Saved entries
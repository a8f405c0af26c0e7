-- ===== src/Order/Replies.antt =====
-- The saga's orchestration: apps/order/src/application/saga/handle-inventory-reply.handler.ts and
-- handle-payment-reply.handler.ts. `execute` returns the outcome that it records in the metrics.
pub mod Steps
pub mod Effects
pub mod Consistency
pub mod Exactly
pub mod Runs
pub mod Advance
pub mod Ends
use food_delivery_api.Common.{
  ℕ, not, Option, none, some, Action, ◌>>=◌, ◌>>◌, pure, lift, or_throw, run_in_transaction,
  if◌then◌else◌, String,
}
use food_delivery_api.Messaging.Idempotent.{run_once}
use food_delivery_api.Order.SagaState.{SagaState, state_eq}
use food_delivery_api.Order.Errors.{order_not_found, saga_not_found}
use food_delivery_api.Order.Aggregate.{Order, reserve, confirm, cancel}
use food_delivery_api.Order.Saga.{OrderSaga, transition}
use food_delivery_api.Order.Commands.{
  charge_payment_command, order_cancelled_event, order_confirmed_event, release_stock_command,
}
use food_delivery_api.Order.Store.{
  OrderDb, OrderAction, find_by_id, update_status, find_by_order_id, save_transition, append,
  processed_event_store,
}

-- The `eventType` of a reply; any other text is ignored.
pub data InventoryReply : Type 0 where
  stock_reserved stock_reservation_failed stock_released : InventoryReply
  unknown : String → InventoryReply

pub data PaymentReply : Type 0 where
  payment_succeeded payment_failed : PaymentReply
  unknown : String → PaymentReply

-- The fields of `EventEnvelopeHeaders` that the handlers read.
pub record Envelope (T : Type 0) : Type 0 where
  pub event_id : ℕ
  pub event_type : T
  pub tenant_id : ℕ
  pub correlation_id : ℕ

pub data SagaOutcome : Type 0 where
  confirmed cancelled : SagaOutcome

unfoldable pub load_order : ℕ → ℕ → OrderAction Order
unfolding find_by_id
load_order tenant_id order_id = do
  order ← find_by_id tenant_id order_id
  or_throw order (order_not_found order_id)

unfoldable pub load_saga : ℕ → ℕ → OrderAction OrderSaga
unfolding find_by_order_id
load_saga tenant_id order_id = do
  saga ← find_by_order_id tenant_id order_id
  or_throw saga (saga_not_found order_id)

-- `cancelOrder`; the outbox writes under the tenant of the envelope.
unfoldable pub cancel_order : ℕ → Order → OrderSaga → ℕ → ℕ → ℕ → OrderAction (Option SagaOutcome)
unfolding cancel append order_cancelled_event
cancel_order tenant_id order saga event_id correlation_id now = do
  update_status (← lift (cancel order now)) now
  save_transition (← lift (transition saga SagaState.cancelled event_id now)) now
  append tenant_id (order_cancelled_event order.id order.user_id order.total_cents correlation_id)
  pure (some cancelled)

unfoldable pub reserve_order :
    Envelope InventoryReply → ℕ → OrderSaga → ℕ → OrderAction (Option SagaOutcome)
unfolding load_order reserve append charge_payment_command
reserve_order envelope order_id saga now = do
  order ← load_order envelope.tenant_id order_id
  update_status (← lift (reserve order now)) now
  save_transition (← lift (transition saga SagaState.stock_reserved envelope.event_id now)) now
  append envelope.tenant_id
      (charge_payment_command order_id order.total_cents envelope.correlation_id)
  pure none

unfoldable pub abandon_order :
    Envelope InventoryReply → ℕ → OrderSaga → ℕ → OrderAction (Option SagaOutcome)
unfolding load_order cancel_order
abandon_order envelope order_id saga now = do
  order ← load_order envelope.tenant_id order_id
  cancel_order envelope.tenant_id order saga envelope.event_id envelope.correlation_id now

-- The `switch` on the event type, with the early returns of each case.
unfoldable pub apply_inventory_type :
    InventoryReply → Envelope InventoryReply → ℕ → OrderSaga → ℕ → OrderAction (Option SagaOutcome)
unfolding reserve_order abandon_order
apply_inventory_type stock_reserved envelope order_id saga now =
    if not (state_eq saga.state SagaState.started)
    then pure none
    else reserve_order envelope order_id saga now
apply_inventory_type stock_reservation_failed envelope order_id saga now =
    if not (state_eq saga.state SagaState.started)
    then pure none
    else abandon_order envelope order_id saga now
apply_inventory_type stock_released envelope order_id saga now =
    if not (state_eq saga.state SagaState.compensating)
    then pure none
    else abandon_order envelope order_id saga now
apply_inventory_type (InventoryReply.unknown _) envelope order_id saga now = pure none

unfoldable pub apply_inventory : Envelope InventoryReply → ℕ → ℕ → OrderAction (Option SagaOutcome)
unfolding load_saga
apply_inventory envelope order_id now = do
  saga ← load_saga envelope.tenant_id order_id
  apply_inventory_type envelope.event_type envelope order_id saga now

-- `(await runOnce(…)) ?? undefined`: a duplicate and a run with no outcome end alike.
abbrev flatten_outcome : Option (Option SagaOutcome) → Option SagaOutcome
flatten_outcome none = none
flatten_outcome (some outcome) = outcome

-- `execute` of both handlers, around `apply`.
unfoldable pub execute : ℕ → OrderAction (Option SagaOutcome) → OrderAction (Option SagaOutcome)
unfolding run_once
execute event_id apply = do
  outcome ← run_in_transaction (run_once processed_event_store event_id apply)
  pure (flatten_outcome outcome)

unfoldable pub handle_inventory_reply :
    Envelope InventoryReply → ℕ → ℕ → OrderAction (Option SagaOutcome)
unfolding execute apply_inventory
handle_inventory_reply envelope order_id now =
    execute envelope.event_id (apply_inventory envelope order_id now)

unfoldable pub confirm_order :
    Envelope PaymentReply → ℕ → OrderSaga → ℕ → OrderAction (Option SagaOutcome)
unfolding load_order confirm append order_confirmed_event
confirm_order envelope order_id saga now = do
  order ← load_order envelope.tenant_id order_id
  update_status (← lift (confirm order now)) now
  save_transition (← lift (transition saga SagaState.completed envelope.event_id now)) now
  append envelope.tenant_id (
      order_confirmed_event order_id order.user_id order.restaurant_id order.total_cents
        envelope.correlation_id)
  pure (some confirmed)

unfoldable pub compensate :
    Envelope PaymentReply → ℕ → OrderSaga → ℕ → OrderAction (Option SagaOutcome)
unfolding append release_stock_command
compensate envelope order_id saga now = do
  save_transition (← lift (transition saga SagaState.compensating envelope.event_id now)) now
  append envelope.tenant_id (release_stock_command order_id envelope.correlation_id)
  pure none

unfoldable pub apply_payment_type :
    PaymentReply → Envelope PaymentReply → ℕ → OrderSaga → ℕ → OrderAction (Option SagaOutcome)
unfolding confirm_order compensate
apply_payment_type payment_succeeded envelope order_id saga now =
    confirm_order envelope order_id saga now
apply_payment_type payment_failed envelope order_id saga now = compensate envelope order_id saga now
apply_payment_type (PaymentReply.unknown _) envelope order_id saga now = pure none

unfoldable pub apply_payment : Envelope PaymentReply → ℕ → ℕ → OrderAction (Option SagaOutcome)
unfolding load_saga
apply_payment envelope order_id now = do
  saga ← load_saga envelope.tenant_id order_id
  (if not (state_eq saga.state SagaState.stock_reserved)
      then pure none
      else apply_payment_type envelope.event_type envelope order_id saga now)

unfoldable pub handle_payment_reply :
    Envelope PaymentReply → ℕ → ℕ → OrderAction (Option SagaOutcome)
unfolding execute apply_payment
handle_payment_reply envelope order_id now =
    execute envelope.event_id (apply_payment envelope order_id now)
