-- ===== src/Order/Store/Laws.antt =====
-- The repositories' updates, seen by a lookup.
use food_delivery_api.Common.{ℕ, ◌+◌, ◌≡◌, refl, some, ok, err, arith, true, false}
use food_delivery_api.Common.Table.{
  update_where, find-update_where, find_passes, any_of_find, any-update_where_self,
}
use food_delivery_api.Order.Errors.{
  order_concurrency_conflict, order_row, saga_concurrency_conflict,
}
use food_delivery_api.Order.Aggregate.{Order}
use food_delivery_api.Order.Saga.{OrderSaga}
use food_delivery_api.Order.Store.{
  OrderDb, order_at, saga_at, is_order, is_saga, same_order_version, set_status, update_status,
  same_saga_version, set_state, save_transition,
}

-- The row that a lookup finds has the key that was asked for.
pub order_at_key :
    (t i : ℕ) (db : OrderDb) (o : Order) → order_at t i db ≡ some o → (o.tenant_id ≡ t) × (o.id ≡ i)
order_at_key t i db o h = ground (arith, find_passes (is_order t i) db.orders o h)

pub saga_at_key :
    (t i : ℕ) (db : OrderDb) (s : OrderSaga)
    → saga_at t i db ≡ some s
    → (s.tenant_id ≡ t) × (s.order_id ≡ i)
saga_at_key t i db s h = ground (arith, find_passes (is_saga t i) db.sagas s h)

-- A status update of the version that is stored goes through, and returns the new row.
pub update_status-found :
    (t i : ℕ) (db : OrderDb) (r o : Order) (now : ℕ)
    → order_at t i db ≡ some r
    → o.tenant_id ≡ t
    → o.id ≡ i
    → o.version ≡ r.version
    → update_status o now db ≡ (
      ok (set_status o now r),
      record db { orders = update_where (same_order_version o) (set_status o now) db.orders },
    )
unfolding update_status
update_status-found t i db r o now h et ei ev = ground (
  arith,
  order_at_key t i db r h,
  any_of_find (is_order t i) (same_order_version o) db.orders r h,
  find-update_where (is_order t i) (same_order_version o) (set_status o now) (λ x. refl) db.orders,
)

pub save_transition-found :
    (t i : ℕ) (db : OrderDb) (r s : OrderSaga) (now : ℕ)
    → saga_at t i db ≡ some r
    → s.tenant_id ≡ t
    → s.order_id ≡ i
    → s.version ≡ r.version
    → save_transition s now db ≡ (
      ok (record s { version = s.version + 1; updated_at = now }),
      record db { sagas = update_where (same_saga_version s) (set_state s now) db.sagas },
    )
unfolding save_transition
save_transition-found t i db r s now h et ei ev =
    ground
      (arith, saga_at_key t i db r h, any_of_find (is_saga t i) (same_saga_version s) db.sagas r h)

stale-order :
    (o : Order) (now : ℕ) (r : Order)
    → same_order_version o r ≡ true
    → same_order_version o (set_status o now r) ≡ false
stale-order o now r h = ground arith

stale-saga :
    (s : OrderSaga) (now : ℕ) (r : OrderSaga)
    → same_saga_version s r ≡ true
    → same_saga_version s (set_state s now r) ≡ false
stale-saga s now r h = ground arith

-- Optimistic locking of orders: of two updates that were computed from one version of an order,
-- the second throws the conflict and writes nothing once the first went through.
pub update_status_twice :
    (o p saved : Order) (now later : ℕ) (db db' : OrderDb)
    → update_status o now db ≡ (ok saved, db')
    → p.id ≡ o.id
    → p.tenant_id ≡ o.tenant_id
    → p.version ≡ o.version
    → update_status p later db' ≡ (err (order_concurrency_conflict (order_row p.id)), db')
unfolding update_status
update_status_twice o p saved now later db db' h ei et ev = ground (
  arith,
  any-update_where_self (same_order_version o) (set_status o now) (λ r. stale-order o now r)
      db.orders,
)

-- Optimistic locking of sagas: of two transitions that were computed from one version of a saga,
-- the second throws the conflict and writes nothing once the first went through.
pub save_transition_twice :
    (s p saved : OrderSaga) (now later : ℕ) (db db' : OrderDb)
    → save_transition s now db ≡ (ok saved, db')
    → p.order_id ≡ s.order_id
    → p.tenant_id ≡ s.tenant_id
    → p.version ≡ s.version
    → save_transition p later db' ≡ (err (saga_concurrency_conflict p.order_id), db')
unfolding save_transition
save_transition_twice s p saved now later db db' h ei et ev = ground (
  arith,
  any-update_where_self (same_saga_version s) (set_state s now) (λ r. stale-saga s now r) db.sagas,
)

YOUR INSTRUCTIONS
From the entries above, print the lines beginning at the one with "append envelope.tenant_id (release_stock_command" and stopping after the one with "apply_payment_type payment_succeeded envelope", exactly as written and with nothing else.

YOUR RESPONSE
  append envelope.tenant_id (release_stock_command order_id envelope.correlation_id)
  pure none

unfoldable pub apply_payment_type :
    PaymentReply → Envelope PaymentReply → ℕ → OrderSaga → ℕ → OrderAction (Option SagaOutcome)
unfolding confirm_order compensate
apply_payment_type payment_succeeded envelope order_id saga now =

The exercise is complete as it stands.